[Your objective]
Repeat exactly the lines of the entries below from the one with "styles (style_appended css" through the one with "(assets : Assets) (face : Face) (weight style : String) (b", both ends included, and nothing else.

[Information provided]

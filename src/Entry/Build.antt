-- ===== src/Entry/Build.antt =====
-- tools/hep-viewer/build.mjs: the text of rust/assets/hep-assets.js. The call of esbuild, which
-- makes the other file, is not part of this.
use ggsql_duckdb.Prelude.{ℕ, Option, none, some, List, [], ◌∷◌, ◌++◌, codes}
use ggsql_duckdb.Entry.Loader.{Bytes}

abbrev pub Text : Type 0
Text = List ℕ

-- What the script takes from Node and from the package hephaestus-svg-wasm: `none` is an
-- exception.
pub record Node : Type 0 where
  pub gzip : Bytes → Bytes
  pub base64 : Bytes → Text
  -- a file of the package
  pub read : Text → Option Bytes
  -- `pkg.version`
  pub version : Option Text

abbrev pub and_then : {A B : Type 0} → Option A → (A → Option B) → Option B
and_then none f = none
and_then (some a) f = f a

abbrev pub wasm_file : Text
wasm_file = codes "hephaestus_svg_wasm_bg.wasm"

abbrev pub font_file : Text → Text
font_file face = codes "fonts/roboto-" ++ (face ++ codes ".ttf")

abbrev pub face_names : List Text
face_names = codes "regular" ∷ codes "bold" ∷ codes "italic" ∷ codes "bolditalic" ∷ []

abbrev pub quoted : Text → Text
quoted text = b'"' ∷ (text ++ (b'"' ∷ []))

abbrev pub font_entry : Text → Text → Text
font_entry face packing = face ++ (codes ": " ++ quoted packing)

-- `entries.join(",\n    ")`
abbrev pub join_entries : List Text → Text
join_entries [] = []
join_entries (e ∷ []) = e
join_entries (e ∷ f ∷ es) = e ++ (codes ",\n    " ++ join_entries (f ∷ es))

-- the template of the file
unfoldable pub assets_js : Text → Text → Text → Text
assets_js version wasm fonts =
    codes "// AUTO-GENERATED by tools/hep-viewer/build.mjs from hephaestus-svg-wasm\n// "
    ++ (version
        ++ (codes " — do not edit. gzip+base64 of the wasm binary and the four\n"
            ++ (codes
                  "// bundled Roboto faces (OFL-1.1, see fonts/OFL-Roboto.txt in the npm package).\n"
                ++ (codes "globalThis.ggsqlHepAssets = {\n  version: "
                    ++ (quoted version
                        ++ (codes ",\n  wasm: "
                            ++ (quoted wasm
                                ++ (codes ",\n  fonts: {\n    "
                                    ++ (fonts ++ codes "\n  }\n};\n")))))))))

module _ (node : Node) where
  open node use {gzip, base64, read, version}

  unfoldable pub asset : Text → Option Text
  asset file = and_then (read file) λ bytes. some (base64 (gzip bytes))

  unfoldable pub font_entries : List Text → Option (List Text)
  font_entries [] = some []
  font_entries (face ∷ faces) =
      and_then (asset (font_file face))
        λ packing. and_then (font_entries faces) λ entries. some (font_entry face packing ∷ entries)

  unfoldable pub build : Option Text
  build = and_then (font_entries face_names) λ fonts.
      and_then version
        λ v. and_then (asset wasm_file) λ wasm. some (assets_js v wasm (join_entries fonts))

--

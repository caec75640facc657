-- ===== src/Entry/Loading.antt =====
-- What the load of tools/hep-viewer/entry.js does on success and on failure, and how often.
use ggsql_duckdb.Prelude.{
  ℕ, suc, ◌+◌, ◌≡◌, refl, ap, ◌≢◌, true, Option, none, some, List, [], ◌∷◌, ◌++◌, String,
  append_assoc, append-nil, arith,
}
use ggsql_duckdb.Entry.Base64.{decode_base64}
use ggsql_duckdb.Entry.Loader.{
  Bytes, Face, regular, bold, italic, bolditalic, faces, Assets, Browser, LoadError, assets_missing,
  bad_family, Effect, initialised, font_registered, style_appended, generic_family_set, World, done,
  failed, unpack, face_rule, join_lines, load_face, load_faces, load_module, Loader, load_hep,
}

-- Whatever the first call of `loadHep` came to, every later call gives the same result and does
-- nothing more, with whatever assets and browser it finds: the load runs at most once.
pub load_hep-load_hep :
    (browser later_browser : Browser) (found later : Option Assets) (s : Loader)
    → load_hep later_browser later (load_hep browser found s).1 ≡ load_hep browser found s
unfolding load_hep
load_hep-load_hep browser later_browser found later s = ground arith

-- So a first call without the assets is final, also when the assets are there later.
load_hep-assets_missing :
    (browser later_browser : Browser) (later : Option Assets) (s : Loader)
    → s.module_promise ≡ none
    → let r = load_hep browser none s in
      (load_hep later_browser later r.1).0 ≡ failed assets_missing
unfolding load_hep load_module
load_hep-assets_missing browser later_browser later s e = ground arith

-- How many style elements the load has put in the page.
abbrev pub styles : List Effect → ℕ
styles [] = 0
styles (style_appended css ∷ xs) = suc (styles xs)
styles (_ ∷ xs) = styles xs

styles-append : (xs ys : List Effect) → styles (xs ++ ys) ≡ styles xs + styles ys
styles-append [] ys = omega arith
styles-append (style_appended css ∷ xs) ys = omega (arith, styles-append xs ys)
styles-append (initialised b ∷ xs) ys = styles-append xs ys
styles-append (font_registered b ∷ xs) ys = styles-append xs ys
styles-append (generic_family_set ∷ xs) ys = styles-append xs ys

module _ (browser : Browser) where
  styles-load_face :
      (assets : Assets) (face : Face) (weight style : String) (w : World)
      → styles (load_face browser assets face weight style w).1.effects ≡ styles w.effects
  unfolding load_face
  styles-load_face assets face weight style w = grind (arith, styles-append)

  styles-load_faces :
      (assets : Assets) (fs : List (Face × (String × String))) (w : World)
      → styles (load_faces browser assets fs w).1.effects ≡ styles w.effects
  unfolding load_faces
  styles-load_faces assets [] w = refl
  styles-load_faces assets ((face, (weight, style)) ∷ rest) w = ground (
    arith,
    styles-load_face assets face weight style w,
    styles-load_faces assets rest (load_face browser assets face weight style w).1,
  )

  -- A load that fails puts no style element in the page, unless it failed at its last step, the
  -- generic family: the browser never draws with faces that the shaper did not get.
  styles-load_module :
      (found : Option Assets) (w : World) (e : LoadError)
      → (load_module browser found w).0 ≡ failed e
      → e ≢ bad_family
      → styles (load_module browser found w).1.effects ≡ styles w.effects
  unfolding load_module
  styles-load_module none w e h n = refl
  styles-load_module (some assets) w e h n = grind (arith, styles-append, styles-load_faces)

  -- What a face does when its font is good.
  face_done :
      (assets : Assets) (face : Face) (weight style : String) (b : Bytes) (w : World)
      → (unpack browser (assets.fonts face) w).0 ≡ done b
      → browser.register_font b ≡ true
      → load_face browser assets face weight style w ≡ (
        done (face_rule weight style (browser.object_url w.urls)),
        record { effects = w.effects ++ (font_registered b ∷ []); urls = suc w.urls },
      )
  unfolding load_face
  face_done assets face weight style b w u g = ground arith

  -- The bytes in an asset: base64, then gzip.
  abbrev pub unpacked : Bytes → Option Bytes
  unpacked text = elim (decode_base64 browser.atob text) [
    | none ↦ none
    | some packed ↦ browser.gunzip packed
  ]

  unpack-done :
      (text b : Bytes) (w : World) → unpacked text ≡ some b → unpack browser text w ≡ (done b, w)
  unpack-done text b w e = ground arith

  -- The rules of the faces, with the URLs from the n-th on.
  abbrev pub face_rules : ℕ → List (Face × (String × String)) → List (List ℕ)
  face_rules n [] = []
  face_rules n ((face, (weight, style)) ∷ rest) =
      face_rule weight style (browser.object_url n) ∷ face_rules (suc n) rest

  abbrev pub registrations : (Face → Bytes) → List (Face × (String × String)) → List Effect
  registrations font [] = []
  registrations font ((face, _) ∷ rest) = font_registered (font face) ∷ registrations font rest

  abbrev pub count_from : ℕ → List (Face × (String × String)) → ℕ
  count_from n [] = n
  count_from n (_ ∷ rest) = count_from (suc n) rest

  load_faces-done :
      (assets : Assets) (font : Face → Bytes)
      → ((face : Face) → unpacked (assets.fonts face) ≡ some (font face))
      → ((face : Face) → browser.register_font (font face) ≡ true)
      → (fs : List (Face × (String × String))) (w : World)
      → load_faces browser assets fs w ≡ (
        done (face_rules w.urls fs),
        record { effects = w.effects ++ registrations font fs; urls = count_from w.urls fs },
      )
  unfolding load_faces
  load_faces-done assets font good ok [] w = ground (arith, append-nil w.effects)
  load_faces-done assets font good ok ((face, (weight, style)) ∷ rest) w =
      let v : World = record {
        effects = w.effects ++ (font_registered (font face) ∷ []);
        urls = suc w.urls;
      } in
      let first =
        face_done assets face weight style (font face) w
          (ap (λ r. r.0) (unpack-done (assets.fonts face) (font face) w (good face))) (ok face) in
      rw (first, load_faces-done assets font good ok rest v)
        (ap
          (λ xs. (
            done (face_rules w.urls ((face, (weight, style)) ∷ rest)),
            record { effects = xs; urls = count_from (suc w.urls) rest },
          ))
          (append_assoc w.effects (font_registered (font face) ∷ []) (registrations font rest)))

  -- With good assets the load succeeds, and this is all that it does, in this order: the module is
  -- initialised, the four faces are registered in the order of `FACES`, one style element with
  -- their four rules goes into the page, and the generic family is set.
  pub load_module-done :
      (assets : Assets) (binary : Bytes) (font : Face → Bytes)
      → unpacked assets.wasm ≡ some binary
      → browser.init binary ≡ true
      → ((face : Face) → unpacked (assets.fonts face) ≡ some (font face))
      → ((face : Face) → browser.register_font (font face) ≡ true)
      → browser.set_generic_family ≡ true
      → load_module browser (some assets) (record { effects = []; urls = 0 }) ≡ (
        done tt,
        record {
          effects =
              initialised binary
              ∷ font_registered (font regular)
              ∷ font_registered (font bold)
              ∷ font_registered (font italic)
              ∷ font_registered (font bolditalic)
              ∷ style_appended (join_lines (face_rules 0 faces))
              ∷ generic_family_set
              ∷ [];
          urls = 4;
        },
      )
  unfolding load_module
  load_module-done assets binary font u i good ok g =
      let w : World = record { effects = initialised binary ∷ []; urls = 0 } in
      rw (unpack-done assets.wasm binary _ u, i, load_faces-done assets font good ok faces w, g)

[Expected answer]
styles (style_appended css ∷ xs) = suc (styles xs)
styles (_ ∷ xs) = styles xs

styles-append : (xs ys : List Effect) → styles (xs ++ ys) ≡ styles xs + styles ys
styles-append [] ys = omega arith
styles-append (style_appended css ∷ xs) ys = omega (arith, styles-append xs ys)
styles-append (initialised b ∷ xs) ys = styles-append xs ys
styles-append (font_registered b ∷ xs) ys = styles-append xs ys
styles-append (generic_family_set ∷ xs) ys = styles-append xs ys

module _ (browser : Browser) where
  styles-load_face :
      (assets : Assets) (face : Face) (weight style : String) (w : World)
      → styles (load_face browser assets face weight style w).1.effects ≡ styles w.effects
  unfolding load_face
  styles-load_face assets face weight style w = grind (arith, styles-append)

  styles-load_faces :
      (assets : Assets) (fs : List (Face × (String × String))) (w : World)
      → styles (load_faces browser assets fs w).1.effects ≡ styles w.effects
  unfolding load_faces
  styles-load_faces assets [] w = refl
  styles-load_faces assets ((face, (weight, style)) ∷ rest) w = ground (
    arith,
    styles-load_face assets face weight style w,
    styles-load_faces assets rest (load_face browser assets face weight style w).1,
  )

  -- A load that fails puts no style element in the page, unless it failed at its last step, the
  -- generic family: the browser never draws with faces that the shaper did not get.
  styles-load_module :
      (found : Option Assets) (w : World) (e : LoadError)
      → (load_module browser found w).0 ≡ failed e
      → e ≢ bad_family
      → styles (load_module browser found w).1.effects ≡ styles w.effects
  unfolding load_module
  styles-load_module none w e h n = refl
  styles-load_module (some assets) w e h n = grind (arith, styles-append, styles-load_faces)

  -- What a face does when its font is good.
  face_done :
      (assets : Assets) (face : Face) (weight style : String) (b : Bytes) (w : World)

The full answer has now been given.